Marbury is good. Kidd is better.


----------



## Charlie Brown (Oct 22, 2002)

I am really pulling for a Nets/Knicks playoff series. Kidd v Marbury, on that stage, would be epic.

Although it would suck for the Nets to have potentially play seven road games. :no:


----------



## Minstrel (Dec 31, 2002)

> Originally posted by <b>Priest</b>!
> just cause marbury is doing well right now doesnt mean he is better...kidd is established


Marbury has been awesome for several years. He's quite established.

As to the original question, I think it depends upon the sort of team you already have. If you have a team with several very good scorers, then Jason Kidd is the best way to go. He's a pure distributor who's happy to let others take the shots.

If you had a team that didn't have very many good scorers on it, then I would definitely select Stephon Marbury. He has the scoring talent to be the focal point of the offense and the play-making talent to get his teammates easier hoops when the defense collapses on him.

To me, it's like asking who's better: John Stockton or Isaiah Thomas? Both are great, who would be better for your team depends on your personnel.


----------



## Petey (Aug 23, 2002)

> Originally posted by <b>Fordy74</b>!
> Everyone says Kidd is the best PG in the NBA and Marbury is a notch behind Kidd. However, I would rather have Marbury over Kidd for sure. This is a new,improved, and different Marbury. He is ready to reach max potential here in NY. This is a dream come true for Marbury and Knicks fans, its just perfect. I am telling you, pretty soon everyone will be saying Marbury is the best PG. I see it beggining to happen right now and im loving it.


I'm a big fan of Marbury's. When he is not playing against the Nets so him getting traded to the Knicks is a bummer for me. I think he got a bum rap with the Nets as he didn't play with talent. KMart was a rook, Harris was our starting PG with him, Newman was 1st off the bench, KVH was hurt alot we didn't have Collins or anyone whom could resemble a center, Williams was more so exposed due to the lack of talent around him. But I hated how he tore the team apart with his attitude. When he was traded I was disappointed, but after watching Kidd I think it couldn't had worked out better for the Nets. But you're right his attitude has changed alot in the past years, and he and Kidd are up there and he has youth on his side too.

-Petey


----------



## kg_mvp03-04 (Jul 24, 2003)

well kidd has brought jersey to two straight NBA finals while marbury has not. i would rather have kidd because he seems like a better leader and he is te perfect fit for jersey.


----------



## rebelsun (Nov 25, 2003)

Kidd. I don't know if anyone else in the league makes his teammates better.


----------



## Ben1 (May 20, 2003)

You guys may disagree with me but IMO, Kidd is a little overrated when everyone starts to refer to him as the best PG in the league right now. Marbury is as good as him, if not better, at being a point guard, and is miles ahead when it comes to scoring himself. 

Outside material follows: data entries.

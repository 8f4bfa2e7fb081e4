-- ===== src/Str/RoundTrip/Prefix.antt =====
-- str/strnum.hpp: a number's prefix that is written, as it is read.
use native.Mathlib.Decide.{ℕ_discrete}
use mathlib.Core.Path.{subst}
use apilib.Base.{ℕ, ◌≡◌, ◌≢◌, ◌⊎◌, inl, inr, refl, ap, sym, ◌∙◌, arith}
use apilib.Base.{List, [], ◌∷◌, ◌++◌, none, some, Bool}
use apilib.Base.{◌==◌, Bool-cases, drop}
use apilib.Str.{char_at}
use apilib.Str.Chr.{isalnum, isblank}
use apilib.Str.ChrNum.{chrton}
use apilib.Str.Read.{skip_blanks, read_prefix, finish, after_sign}
use apilib.Str.Print.Text.{prefix_text, base_of}
use apilib.Str.RoundTrip.Digits.{Begins}

pub skip_blanks_alnum : (c : ℕ) (tail : List ℕ) → isalnum c ≡ 1 → skip_blanks (c ∷ tail) ≡ c ∷ tail
unfolding skip_blanks isalnum isblank
skip_blanks_alnum c tail e = ground arith

prefix_none : (radix c chr : ℕ) → c ≢ b'0' → read_prefix radix c chr ≡ some (radix, 0)
unfolding read_prefix
prefix_none radix c chr ne = ground arith

prefix_zero : (radix chr : ℕ) → isalnum chr ≡ 0 → read_prefix radix b'0' chr ≡ some (radix, 0)
unfolding read_prefix isalnum
prefix_zero radix chr e = ground arith

prefix_octal : (chr : ℕ) → chrton chr 8 ≢ none → read_prefix 8 b'0' chr ≡ some (8, 1)
unfolding read_prefix chrton
prefix_octal chr digit = ground (arith, digit)

isalnum_zero : isalnum b'0' ≡ 1
unfolding isalnum
isalnum_zero = refl

after_sign_prefix :
    (is_signed : Bool) (w : ℕ) (negative : Bool) (radix base skipped c : ℕ) (tail : List ℕ)
    → read_prefix radix c (char_at tail 0) ≡ some (base, skipped)
    → after_sign is_signed w negative radix (c ∷ tail)
      ≡ finish is_signed w negative base (drop skipped (c ∷ tail))
unfolding after_sign
after_sign_prefix is_signed w negative radix base skipped c tail e = rw (e, after_sign) refl

-- The rest of the text after the sign: where its blanks end and what its prefix is.
after_sign_at :
    (is_signed : Bool) (w : ℕ) (negative : Bool) (radix base skipped c : ℕ) (string tail : List ℕ)
    → string ≡ c ∷ tail
    → isalnum c ≡ 1
    → read_prefix radix c (char_at tail 0) ≡ some (base, skipped)
    → after_sign is_signed w negative radix (skip_blanks string)
      ≡ finish is_signed w negative base (drop skipped (c ∷ tail))
after_sign_at is_signed w negative radix base skipped c string tail same char e =
    ap (after_sign is_signed w negative radix) (ap skip_blanks same ∙ skip_blanks_alnum c tail char)
    ∙ after_sign_prefix is_signed w negative radix base skipped c tail e

-- The digits with no prefix.
after_sign_plain :
    (is_signed : Bool) (w : ℕ) (negative : Bool) (radix base number : ℕ) (ds rest : List ℕ)
    → isalnum (char_at rest 0) ≡ 0
    → Begins base number ds
    → after_sign is_signed w negative radix (skip_blanks (ds ++ rest))
      ≡ finish is_signed w negative radix (ds ++ rest)
after_sign_plain is_signed w negative radix base number ds rest ends (inl (z, one)) =
    let same : ds ++ rest ≡ b'0' ∷ rest = ap (λ d. d ++ rest) one in
    after_sign_at is_signed w negative radix radix 0 b'0' (ds ++ rest) rest same isalnum_zero
      (prefix_zero radix (char_at rest 0) ends)
    ∙ ap (finish is_signed w negative radix) (sym same)
after_sign_plain is_signed w negative radix base number ds rest ends
      (inr (c, tail, whole, nonzero, char, digit)) =
    let same : ds ++ rest ≡ c ∷ (tail ++ rest) = ap (λ d. d ++ rest) whole in
    after_sign_at is_signed w negative radix radix 0 c (ds ++ rest) (tail ++ rest) same char
      (prefix_none radix c (char_at (tail ++ rest) 0) nonzero)
    ∙ ap (finish is_signed w negative radix) (sym same)

-- The first digit, in octal, shows that there is a prefix.
first_octal :
    (number : ℕ) (ds rest : List ℕ) → Begins 8 number ds → chrton (char_at (ds ++ rest) 0) 8 ≢ none
unfolding chrton
first_octal number ds rest (inl (z, one)) e =
    let bad : chrton b'0' 8 ≡ none = ap (λ d. chrton (char_at (d ++ rest) 0) 8) (sym one) ∙ e in
    absurd (cc)
first_octal number ds rest (inr (c, tail, whole, nonzero, char, digit)) e =
    digit (ap (λ d. chrton (char_at (d ++ rest) 0) 8) (sym whole) ∙ e)

prefix_cases :
    (prefix radix : ℕ)
    → (prefix_text prefix radix ≡ [])
      ⊎ ((radix ≡ 8) × (prefix_text prefix radix ≡ b'0' ∷ [])
          ⊎ (radix ≡ 16) × (prefix_text prefix radix ≡ b'0' ∷ (b'x' ∷ [])))
unfolding prefix_text
prefix_cases prefix radix = elim (Bool-cases (prefix == 0)) [
  | inl p ↦ inl (rw p refl)
  | inr p ↦ elim (ℕ_discrete radix 8) [
    | yes e ↦ inr (inl (e, rw (p, e) refl))
    | no n8 ↦ elim (ℕ_discrete radix 16) [
      | yes e ↦ inr (inr (e, rw (p, e) refl))
      | no n16 ↦ inl (ground (arith, n8, n16))
    ]
  ]
]

prefix_hex : (radix : ℕ) → radix ≡ 16 → read_prefix radix b'0' b'x' ≡ some (radix, 2)
unfolding read_prefix
prefix_hex radix e = rw e refl

-- The digits with their prefix, in the three forms that it has.
pub after_sign_digits :
    (is_signed : Bool) (w : ℕ) (negative : Bool) (prefix radix number : ℕ) (ds rest : List ℕ)
    → isalnum (char_at rest 0) ≡ 0
    → Begins (base_of radix) number ds
    → after_sign is_signed w negative radix (skip_blanks (prefix_text prefix radix ++ (ds ++ rest)))
      ≡ finish is_signed w negative radix (ds ++ rest)
after_sign_digits is_signed w negative prefix radix number ds rest ends begins =
    elim (prefix_cases prefix radix) [
      | inl e ↦
          rw e
            (after_sign_plain is_signed w negative radix (base_of radix) number ds rest ends begins)
      | inr (inl (octal, e)) ↦
          let first : chrton (char_at (ds ++ rest) 0) 8 ≢ none =
            first_octal number ds rest (subst (λ r. Begins (base_of r) number ds) octal begins) in
          let skips : read_prefix radix b'0' (char_at (ds ++ rest) 0) ≡ some (radix, 1) =
            rw octal (prefix_octal (char_at (ds ++ rest) 0) first) in
          after_sign_at is_signed w negative radix radix 1 b'0'
            (prefix_text prefix radix ++ (ds ++ rest)) (ds ++ rest) (ap (λ t. t ++ (ds ++ rest)) e)
            isalnum_zero skips
      | inr (inr (hex, e)) ↦
          after_sign_at is_signed w negative radix radix 2 b'0'
            (prefix_text prefix radix ++ (ds ++ rest)) (b'x' ∷ (ds ++ rest))
            (ap (λ t. t ++ (ds ++ rest)) e) isalnum_zero (prefix_hex radix hex)
    ]

-- The text after the sign begins with a letter or a digit.
pub text_first :
    (base number prefix radix : ℕ) (ds rest : List ℕ)
    → Begins base number ds
    → (c : ℕ) × (tail : List ℕ) × (prefix_text prefix radix ++ (ds ++ rest) ≡ c ∷ tail)
      × (isalnum c ≡ 1)
text_first base number prefix radix ds rest begins = elim (prefix_cases prefix radix) [
  | inl e ↦ elim begins [
    | inl (z, one) ↦
        (b'0', rest, ap (λ t. t ++ (ds ++ rest)) e ∙ ap (λ d. d ++ rest) one, isalnum_zero)
    | inr (c, tail, whole, nonzero, char, digit) ↦
        (c, tail ++ rest, ap (λ t. t ++ (ds ++ rest)) e ∙ ap (λ d. d ++ rest) whole, char)
  ]
  | inr (inl (octal, e)) ↦ (b'0', ds ++ rest, ap (λ t. t ++ (ds ++ rest)) e, isalnum_zero)
  | inr (inr (hex, e)) ↦ (b'0', b'x' ∷ (ds ++ rest), ap (λ t. t ++ (ds ++ rest)) e, isalnum_zero)
]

Btw, I'm not saying that Kidd sucks or whatever, it's jsut that I would rather have Marbury on my team than Kidd.


----------



## Greg Ostertag! (May 1, 2003)

> Originally posted by <b>PSUmtj112</b>!
> I am really pulling for a Nets/Knicks playoff series. Kidd v Marbury, on that stage, would be epic.


Oh yeah :yes:


----------



## Petey (Aug 23, 2002)

> Originally posted by <b>RebelSun</b>!
> Kidd. I don't know if anyone else in the league makes his teammates better.

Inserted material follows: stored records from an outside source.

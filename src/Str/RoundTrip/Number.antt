-- ===== src/Str/RoundTrip/Number.antt =====
-- str/strnum.hpp: `__strton_x` on the text of `__ntostr_x`.
use native.Mathlib.Nat.{mod-eq_of_lt, pow-suc}
use mathlib.Core.List.{append_assoc}
use apilib.Base.{
  ℕ, zero, suc, ◌+◌, ◌-◌, ◌*◌, ◌/◌, ◌%◌, ◌^◌, ◌≤◌, ◌<◌, ◌≡◌, inl, inr, refl, ap, sym, ◌∙◌, arith,
}
use apilib.Base.{List, [], ◌∷◌, ◌++◌, some, Bool, true, false}
use apilib.Base.{leb, Bool-cases, drop}
use apilib.Str.{char_at}
use apilib.Str.Chr.{isalnum, isblank}
use apilib.Str.Read.{
  bad_radix, skip_blanks, read_sign, signed_value, limit_of, finish, after_sign, after_blanks,
  strton, read_digits,
}
use apilib.Str.Read.Digits.{numeral, reads_ten, Fits, read_digits-numeral}
use apilib.Str.Print.{is_negative, magnitude}
use apilib.Str.Print.Digits.{digits}
use apilib.Str.Print.Text.{sign_text, prefix_text, base_of, number_text}
use apilib.Str.Print.Number.{magnitude_small, base_range}
use apilib.Str.RoundTrip.Prefix.{skip_blanks_alnum, after_sign_digits, text_first}
use apilib.Str.RoundTrip.Digits.{numeral_ends, numeral-digits, Begins, digits-Begins}

-- What follows a number ends it.
reads_ten-append :
    (ds rest : List ℕ)
    → isalnum (char_at rest 0) ≡ 0
    → reads_ten ds ≡ false
    → reads_ten (ds ++ rest) ≡ false
unfolding reads_ten isalnum
reads_ten-append [] [] ends e = refl
reads_ten-append [] (c ∷ rest) ends e = ground arith
reads_ten-append (d ∷ []) [] ends e = e
reads_ten-append (d ∷ []) (c ∷ rest) ends e =
    ground (arith, reads_ten-append [] (c ∷ rest) ends refl)
reads_ten-append (d ∷ f ∷ ds) rest ends e = ground (arith, reads_ten-append (f ∷ ds) rest ends)

even : (w : ℕ) → 1 ≤ w → (x : ℕ) × (2 ^ w ≡ x * 2)
even zero h = absurd (omega arith)
even (suc w) h = (2 ^ w, pow-suc 2 w)

-- The limit on the absolute value lets every number of the type pass.
magnitude_within :
    (is_signed : Bool) (w number : ℕ)
    → 1 ≤ w
    → number < 2 ^ w
    → Fits w (limit_of is_signed w (is_negative is_signed w number)) (magnitude is_signed w number)
unfolding limit_of magnitude is_negative
magnitude_within false w number bits small = (small, λ h. absurd (omega arith))
magnitude_within true w number bits small =
    let (x, twice) = even w bits in
    elim (Bool-cases (leb ((2 ^ w - 1) / 2 + 1) number)) [
      | inl e ↦
          let above : (2 ^ w - 1) / 2 + 1 ≤ number = ground arith in
          let wrapped : (2 ^ w - number) % 2 ^ w ≡ 2 ^ w - number = mod-eq_of_lt (omega arith) in
          rw (e, wrapped) (omega arith, λ h. omega (arith, twice))
      | inr e ↦
          let below : number < (2 ^ w - 1) / 2 + 1 = ground arith in rw e (small, λ h. omega arith)
    ]

-- The sign is put back.
magnitude_back :
    (is_signed : Bool) (w number : ℕ) (rest : List ℕ)
    → 1 ≤ w
    → number < 2 ^ w
    → signed_value w (is_negative is_signed w number) (magnitude is_signed w number, rest)
      ≡ (number, rest)
unfolding signed_value magnitude is_negative
magnitude_back false w number rest bits small = refl
magnitude_back true w number rest bits small =
    elim (Bool-cases (leb ((2 ^ w - 1) / 2 + 1) number)) [
      | inl e ↦
          let above : (2 ^ w - 1) / 2 + 1 ≤ number = ground arith in
          let wrapped : (2 ^ w - number) % 2 ^ w ≡ 2 ^ w - number = mod-eq_of_lt (omega arith) in
          let back : (2 ^ w - (2 ^ w - number)) % 2 ^ w ≡ number =
            ap (λ n. n % 2 ^ w) (omega arith) ∙ mod-eq_of_lt small in
          rw (e, wrapped, back) refl
      | inr e ↦ rw e refl
    ]

finish-digits :
    (is_signed : Bool) (w number radix : ℕ) (rest : List ℕ)
    → bad_radix radix ≡ false
    → 1 ≤ w
    → number < 2 ^ w
    → isalnum (char_at rest 0) ≡ 0
    → let ds : List ℕ = digits (suc w) (base_of radix) (magnitude is_signed w number) in
      reads_ten ds ≡ false
      → finish is_signed w (is_negative is_signed w number) radix (ds ++ rest) ≡ (number, rest)
unfolding finish
finish-digits is_signed w number radix rest good bits small ends ten =
    let n : ℕ = magnitude is_signed w number in
    let negative : Bool = is_negative is_signed w number in
    let base : ℕ = base_of radix in
    let limit : ℕ = limit_of is_signed w negative in
    let ds : List ℕ = digits (suc w) base n in
    let (low, high) = base_range radix good in
    let value : numeral base 0 (ds ++ rest) ≡ (n, rest) =
      numeral-digits w base n rest low high (magnitude_small is_signed w number small)
      ∙ numeral_ends base n rest ends in
    let fits : Fits w limit (numeral base 0 (ds ++ rest)).0 =
      rw value (magnitude_within is_signed w number bits small) in
    let read : read_digits w base limit (ds ++ rest) ≡ (n, rest) =
      read_digits-numeral w base limit (ds ++ rest) low (reads_ten-append ds rest ends ten) fits
      ∙ value in
    ap (signed_value w negative) read ∙ magnitude_back is_signed w number rest bits small

sign_none : (is_signed : Bool) (c : ℕ) → isalnum c ≡ 1 → read_sign is_signed c ≡ some (false, 0)
unfolding read_sign isalnum
sign_none is_signed c e = ground arith

sign_minus :
    (is_signed : Bool) (w number : ℕ)
    → is_negative is_signed w number ≡ true
    → read_sign is_signed b'-' ≡ some (true, 1)
unfolding read_sign is_negative
sign_minus true w number e = refl
sign_minus false w number e = absurd (cc)

skip_blanks_minus : (tail : List ℕ) → skip_blanks (b'-' ∷ tail) ≡ b'-' ∷ tail
unfolding skip_blanks isblank
skip_blanks_minus tail = refl

sign_some :
    (is_signed : Bool) (w number : ℕ)
    → is_negative is_signed w number ≡ true
    → sign_text is_signed w number ≡ b'-' ∷ []
unfolding sign_text
sign_some is_signed w number e = rw e refl

sign_empty :
    (is_signed : Bool) (w number : ℕ)
    → is_negative is_signed w number ≡ false
    → sign_text is_signed w number ≡ []
unfolding sign_text
sign_empty is_signed w number e = rw e refl

after_blanks_at :
    (is_signed : Bool) (w radix : ℕ) (negative : Bool) (skipped c : ℕ) (string tail : List ℕ)
    → string ≡ c ∷ tail
    → read_sign is_signed c ≡ some (negative, skipped)
    → after_blanks is_signed w radix string
      ≡ after_sign is_signed w negative radix (skip_blanks (drop skipped (c ∷ tail)))
unfolding after_blanks
after_blanks_at is_signed w radix negative skipped c string tail same e =
    ap (after_blanks is_signed w radix) same ∙ rw (e, after_blanks) refl

-- The text from the sign on.
after_blanks_text :
    (is_signed : Bool) (w number radix : ℕ) (text : List ℕ) (c : ℕ) (tail : List ℕ)
    → text ≡ c ∷ tail
    → isalnum c ≡ 1
    → after_blanks is_signed w radix (skip_blanks (sign_text is_signed w number ++ text))
      ≡ after_sign is_signed w (is_negative is_signed w number) radix (skip_blanks text)
after_blanks_text is_signed w number radix text c tail same char =
    elim (Bool-cases (is_negative is_signed w number)) [
      | inl e ↦
          let string : skip_blanks (sign_text is_signed w number ++ text) ≡ b'-' ∷ text =
            ap (λ s. skip_blanks (s ++ text)) (sign_some is_signed w number e)
            ∙ skip_blanks_minus text in
          after_blanks_at is_signed w radix true 1 b'-'
            (skip_blanks (sign_text is_signed w number ++ text)) text string
            (sign_minus is_signed w number e)
          ∙ ap (λ n. after_sign is_signed w n radix (skip_blanks text)) (sym e)
      | inr e ↦
          let string : skip_blanks (sign_text is_signed w number ++ text) ≡ c ∷ tail =
            ap (λ s. skip_blanks (s ++ text)) (sign_empty is_signed w number e)
            ∙ ap skip_blanks same
            ∙ skip_blanks_alnum c tail char in
          after_blanks_at is_signed w radix false 0 c
            (skip_blanks (sign_text is_signed w number ++ text)) tail string
            (sign_none is_signed c char)
          ∙ ap (λ t. after_sign is_signed w false radix (skip_blanks t)) (sym same)
          ∙ ap (λ n. after_sign is_signed w n radix (skip_blanks text)) (sym e)
    ]

-- Every number of a type of `w` bits, signed or not, that is written with or without a prefix is
-- read back from its text as the same number, and `endptr` is left behind the text, if what stands
-- there is neither a letter nor a digit; for each valid radix, 0 included, unless the digits of the
-- number begin with 1 and 0.
pub strton-number_text :
    (is_signed : Bool) (w number radix prefix : ℕ) (rest : List ℕ)
    → bad_radix radix ≡ false
    → 1 ≤ w
    → number < 2 ^ w
    → isalnum (char_at rest 0) ≡ 0
    → reads_ten (digits (suc w) (base_of radix) (magnitude is_signed w number)) ≡ false
    → strton is_signed w (number_text is_signed w number radix prefix ++ rest) radix
      ≡ (number, rest)
unfolding strton number_text
strton-number_text is_signed w number radix prefix rest good bits small ends ten =
    let n : ℕ = magnitude is_signed w number in
    let sign : List ℕ = sign_text is_signed w number in
    let pre : List ℕ = prefix_text prefix radix in
    let ds : List ℕ = digits (suc w) (base_of radix) n in
    let (low, high) = base_range radix good in
    let begins : Begins (base_of radix) n ds =
      digits-Begins w (base_of radix) n low high (magnitude_small is_signed w number small) in
    let (c, tail, same, char) = text_first (base_of radix) n prefix radix ds rest begins in
    let whole : (sign ++ (pre ++ ds)) ++ rest ≡ sign ++ (pre ++ (ds ++ rest)) =
      append_assoc sign (pre ++ ds) rest ∙ ap (λ t. sign ++ t) (append_assoc pre ds rest) in
    rw (good, whole)
      (after_blanks_text is_signed w number radix (pre ++ (ds ++ rest)) c tail same char
        ∙ after_sign_digits is_signed w (is_negative is_signed w number) prefix radix n ds rest ends
            begins
        ∙ finish-digits is_signed w number radix rest good bits small ends ten)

Duncan.  He can pass from the post out of all those double teams. With Duncan on the floor at least 12 minutes a game there is someone open and if he has the ball he will help find him.

-Petey


----------



## BEEZ (Jun 12, 2002)

I also never understand why people talk about Marbury's low FG% when Kidd's is always horrible


----------



## KIMCHI (Oct 16, 2003)

skill-wise starbury is definately a better shooter and scorer than kidd, but if you want a proto-type pg who can lead your team to a winning record then kidd is your name, not saying you cant win with starbury, but kidd is more guarenteed than starbury when it comes to winning, on a consistent basis, kidd has a better knack to make those around him better, he make bad players good, good players better, better players star, stars into superstar.
while starbury is look to score first then pass second, passing never come naturally to starbury as it is to kidd (largely because kidd himself is a bad shooterm very inconsistent, thats a big reason why kidd has to pass the ball simply because even if hes looking to shoot first himself, he simply couldnt make it).


----------



## Jmonty580 (Jun 20, 2003)

> Originally posted by <b>kg_mvp03-04</b>!
> well kidd has brought jersey to two straight NBA finals while marbury has not. i would rather have kidd because he seems like a better leader and he is te perfect fit for jersey.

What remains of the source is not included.